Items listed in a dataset
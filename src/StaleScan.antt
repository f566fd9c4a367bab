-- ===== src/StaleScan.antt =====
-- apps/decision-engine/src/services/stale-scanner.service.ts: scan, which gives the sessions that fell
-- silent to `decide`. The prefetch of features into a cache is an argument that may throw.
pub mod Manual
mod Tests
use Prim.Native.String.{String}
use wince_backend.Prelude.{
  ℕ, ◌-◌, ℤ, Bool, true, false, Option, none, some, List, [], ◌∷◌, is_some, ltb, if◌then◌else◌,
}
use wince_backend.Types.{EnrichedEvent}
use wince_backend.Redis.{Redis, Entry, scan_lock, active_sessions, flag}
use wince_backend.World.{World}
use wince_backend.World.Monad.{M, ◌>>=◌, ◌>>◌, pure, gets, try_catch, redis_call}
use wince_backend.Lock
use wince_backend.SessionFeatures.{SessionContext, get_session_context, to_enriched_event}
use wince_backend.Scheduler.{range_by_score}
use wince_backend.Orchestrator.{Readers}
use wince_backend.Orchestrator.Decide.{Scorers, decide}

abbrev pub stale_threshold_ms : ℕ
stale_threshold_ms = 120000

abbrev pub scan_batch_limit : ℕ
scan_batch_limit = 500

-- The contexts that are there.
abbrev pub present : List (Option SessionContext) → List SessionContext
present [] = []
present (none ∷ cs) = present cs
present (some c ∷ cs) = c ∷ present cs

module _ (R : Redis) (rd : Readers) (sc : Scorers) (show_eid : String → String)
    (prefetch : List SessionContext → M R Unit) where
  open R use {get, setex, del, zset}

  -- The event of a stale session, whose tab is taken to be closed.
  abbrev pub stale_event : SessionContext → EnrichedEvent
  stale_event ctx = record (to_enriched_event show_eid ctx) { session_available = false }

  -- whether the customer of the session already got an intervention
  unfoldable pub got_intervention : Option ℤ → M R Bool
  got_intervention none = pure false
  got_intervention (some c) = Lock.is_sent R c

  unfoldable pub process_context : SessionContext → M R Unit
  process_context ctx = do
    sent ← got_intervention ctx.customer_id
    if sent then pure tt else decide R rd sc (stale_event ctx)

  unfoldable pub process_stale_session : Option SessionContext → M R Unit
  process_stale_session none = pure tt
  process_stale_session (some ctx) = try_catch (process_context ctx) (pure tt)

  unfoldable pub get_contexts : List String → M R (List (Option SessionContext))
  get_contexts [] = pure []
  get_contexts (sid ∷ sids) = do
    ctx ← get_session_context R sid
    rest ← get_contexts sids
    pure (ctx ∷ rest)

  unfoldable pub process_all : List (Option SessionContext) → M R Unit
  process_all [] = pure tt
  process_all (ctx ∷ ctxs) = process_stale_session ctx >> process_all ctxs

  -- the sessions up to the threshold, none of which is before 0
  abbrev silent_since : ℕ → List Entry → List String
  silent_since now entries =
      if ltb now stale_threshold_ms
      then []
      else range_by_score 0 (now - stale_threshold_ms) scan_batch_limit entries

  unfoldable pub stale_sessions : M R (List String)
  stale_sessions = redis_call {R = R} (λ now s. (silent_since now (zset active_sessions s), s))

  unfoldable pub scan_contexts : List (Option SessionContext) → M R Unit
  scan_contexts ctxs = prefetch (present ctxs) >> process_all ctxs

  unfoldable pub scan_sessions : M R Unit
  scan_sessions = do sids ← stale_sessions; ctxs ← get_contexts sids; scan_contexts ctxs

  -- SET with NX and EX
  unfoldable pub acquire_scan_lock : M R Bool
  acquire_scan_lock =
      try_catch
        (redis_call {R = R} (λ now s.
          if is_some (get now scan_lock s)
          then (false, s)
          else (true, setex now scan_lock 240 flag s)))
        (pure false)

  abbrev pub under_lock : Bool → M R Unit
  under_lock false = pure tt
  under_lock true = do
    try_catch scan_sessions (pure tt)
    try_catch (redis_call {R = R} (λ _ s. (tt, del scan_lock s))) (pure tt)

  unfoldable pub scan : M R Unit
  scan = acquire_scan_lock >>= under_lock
==
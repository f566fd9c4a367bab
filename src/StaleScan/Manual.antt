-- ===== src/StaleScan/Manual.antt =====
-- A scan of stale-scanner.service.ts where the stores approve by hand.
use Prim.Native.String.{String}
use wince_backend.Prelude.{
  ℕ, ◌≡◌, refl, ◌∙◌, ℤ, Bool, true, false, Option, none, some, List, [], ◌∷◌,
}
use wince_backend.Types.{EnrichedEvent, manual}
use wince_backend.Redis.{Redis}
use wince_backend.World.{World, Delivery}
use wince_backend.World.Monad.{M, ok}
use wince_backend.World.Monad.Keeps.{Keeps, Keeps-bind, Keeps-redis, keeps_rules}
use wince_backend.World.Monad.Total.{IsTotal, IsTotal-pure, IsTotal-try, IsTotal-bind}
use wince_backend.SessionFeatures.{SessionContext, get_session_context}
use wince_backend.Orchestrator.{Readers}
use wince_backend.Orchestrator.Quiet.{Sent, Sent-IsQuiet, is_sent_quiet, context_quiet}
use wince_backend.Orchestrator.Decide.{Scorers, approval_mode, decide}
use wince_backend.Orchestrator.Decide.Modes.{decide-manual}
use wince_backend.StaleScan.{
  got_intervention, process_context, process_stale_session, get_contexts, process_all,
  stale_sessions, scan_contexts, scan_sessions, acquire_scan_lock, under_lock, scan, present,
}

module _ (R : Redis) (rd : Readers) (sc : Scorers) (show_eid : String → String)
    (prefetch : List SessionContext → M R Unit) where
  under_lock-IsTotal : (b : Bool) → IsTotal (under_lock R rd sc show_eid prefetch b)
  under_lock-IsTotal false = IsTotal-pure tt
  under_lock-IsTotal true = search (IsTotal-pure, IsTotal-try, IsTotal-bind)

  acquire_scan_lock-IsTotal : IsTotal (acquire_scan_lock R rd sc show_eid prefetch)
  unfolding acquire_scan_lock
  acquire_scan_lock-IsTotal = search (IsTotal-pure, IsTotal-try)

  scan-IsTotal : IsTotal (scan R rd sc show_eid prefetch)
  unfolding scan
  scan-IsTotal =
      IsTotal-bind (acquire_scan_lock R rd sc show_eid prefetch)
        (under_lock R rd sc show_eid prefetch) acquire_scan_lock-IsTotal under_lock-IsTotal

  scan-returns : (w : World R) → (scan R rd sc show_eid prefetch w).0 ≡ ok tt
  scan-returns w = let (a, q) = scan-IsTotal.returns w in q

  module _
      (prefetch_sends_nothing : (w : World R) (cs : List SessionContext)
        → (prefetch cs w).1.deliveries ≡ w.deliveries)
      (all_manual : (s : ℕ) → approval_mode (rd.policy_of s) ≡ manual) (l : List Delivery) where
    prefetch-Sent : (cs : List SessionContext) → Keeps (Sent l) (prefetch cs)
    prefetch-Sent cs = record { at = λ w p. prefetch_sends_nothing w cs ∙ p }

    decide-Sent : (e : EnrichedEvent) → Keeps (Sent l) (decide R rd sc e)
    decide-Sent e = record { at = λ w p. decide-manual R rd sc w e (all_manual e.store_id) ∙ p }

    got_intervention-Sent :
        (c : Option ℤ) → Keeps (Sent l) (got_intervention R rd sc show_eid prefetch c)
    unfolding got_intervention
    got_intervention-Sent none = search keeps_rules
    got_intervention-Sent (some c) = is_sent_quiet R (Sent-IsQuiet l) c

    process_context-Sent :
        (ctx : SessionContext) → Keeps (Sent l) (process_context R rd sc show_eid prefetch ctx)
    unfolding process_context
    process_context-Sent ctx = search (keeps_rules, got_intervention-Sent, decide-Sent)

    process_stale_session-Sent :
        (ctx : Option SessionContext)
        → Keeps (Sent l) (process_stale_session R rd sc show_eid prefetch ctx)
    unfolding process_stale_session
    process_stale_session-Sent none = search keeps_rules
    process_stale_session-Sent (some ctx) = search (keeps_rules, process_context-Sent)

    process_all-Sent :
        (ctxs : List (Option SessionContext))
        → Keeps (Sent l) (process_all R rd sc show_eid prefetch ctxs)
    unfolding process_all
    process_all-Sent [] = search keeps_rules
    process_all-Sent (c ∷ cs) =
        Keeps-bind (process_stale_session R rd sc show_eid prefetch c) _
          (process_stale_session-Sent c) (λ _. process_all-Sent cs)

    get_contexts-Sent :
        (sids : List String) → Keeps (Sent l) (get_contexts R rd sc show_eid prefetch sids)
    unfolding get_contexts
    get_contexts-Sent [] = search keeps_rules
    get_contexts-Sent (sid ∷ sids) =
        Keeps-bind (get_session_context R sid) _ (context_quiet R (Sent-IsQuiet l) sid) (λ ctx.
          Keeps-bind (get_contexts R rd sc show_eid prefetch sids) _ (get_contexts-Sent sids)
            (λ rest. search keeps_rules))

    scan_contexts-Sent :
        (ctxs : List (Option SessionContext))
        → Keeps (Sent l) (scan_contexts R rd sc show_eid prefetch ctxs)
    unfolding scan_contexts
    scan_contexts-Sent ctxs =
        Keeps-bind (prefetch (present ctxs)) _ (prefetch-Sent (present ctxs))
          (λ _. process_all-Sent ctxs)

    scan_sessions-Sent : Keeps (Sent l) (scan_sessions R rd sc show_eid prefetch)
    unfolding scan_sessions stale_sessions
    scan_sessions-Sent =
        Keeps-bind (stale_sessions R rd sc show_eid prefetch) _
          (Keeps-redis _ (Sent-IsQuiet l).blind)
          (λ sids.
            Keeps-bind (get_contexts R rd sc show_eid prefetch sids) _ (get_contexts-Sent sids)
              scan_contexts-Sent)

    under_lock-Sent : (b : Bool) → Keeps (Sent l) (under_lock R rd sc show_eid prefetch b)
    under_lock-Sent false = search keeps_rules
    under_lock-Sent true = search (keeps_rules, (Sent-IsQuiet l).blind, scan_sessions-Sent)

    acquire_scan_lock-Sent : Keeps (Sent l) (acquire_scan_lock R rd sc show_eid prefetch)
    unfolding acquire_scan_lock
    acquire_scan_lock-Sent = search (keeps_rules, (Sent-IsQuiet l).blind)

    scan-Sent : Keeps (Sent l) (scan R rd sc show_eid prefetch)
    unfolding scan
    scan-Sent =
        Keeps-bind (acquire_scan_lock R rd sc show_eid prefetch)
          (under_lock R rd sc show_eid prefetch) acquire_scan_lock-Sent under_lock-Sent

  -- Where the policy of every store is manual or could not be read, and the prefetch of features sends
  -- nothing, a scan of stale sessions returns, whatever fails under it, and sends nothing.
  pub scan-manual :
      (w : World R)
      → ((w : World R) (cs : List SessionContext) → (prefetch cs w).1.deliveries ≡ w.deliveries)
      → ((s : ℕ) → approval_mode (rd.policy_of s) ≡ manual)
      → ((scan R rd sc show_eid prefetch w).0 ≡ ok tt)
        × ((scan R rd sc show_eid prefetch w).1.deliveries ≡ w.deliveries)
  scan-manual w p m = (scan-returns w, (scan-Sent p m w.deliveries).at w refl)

(BRIEF): Count the lines in the entries that hold the word "true", and give nothing but the total.

(FINISHED EXERCISE): 6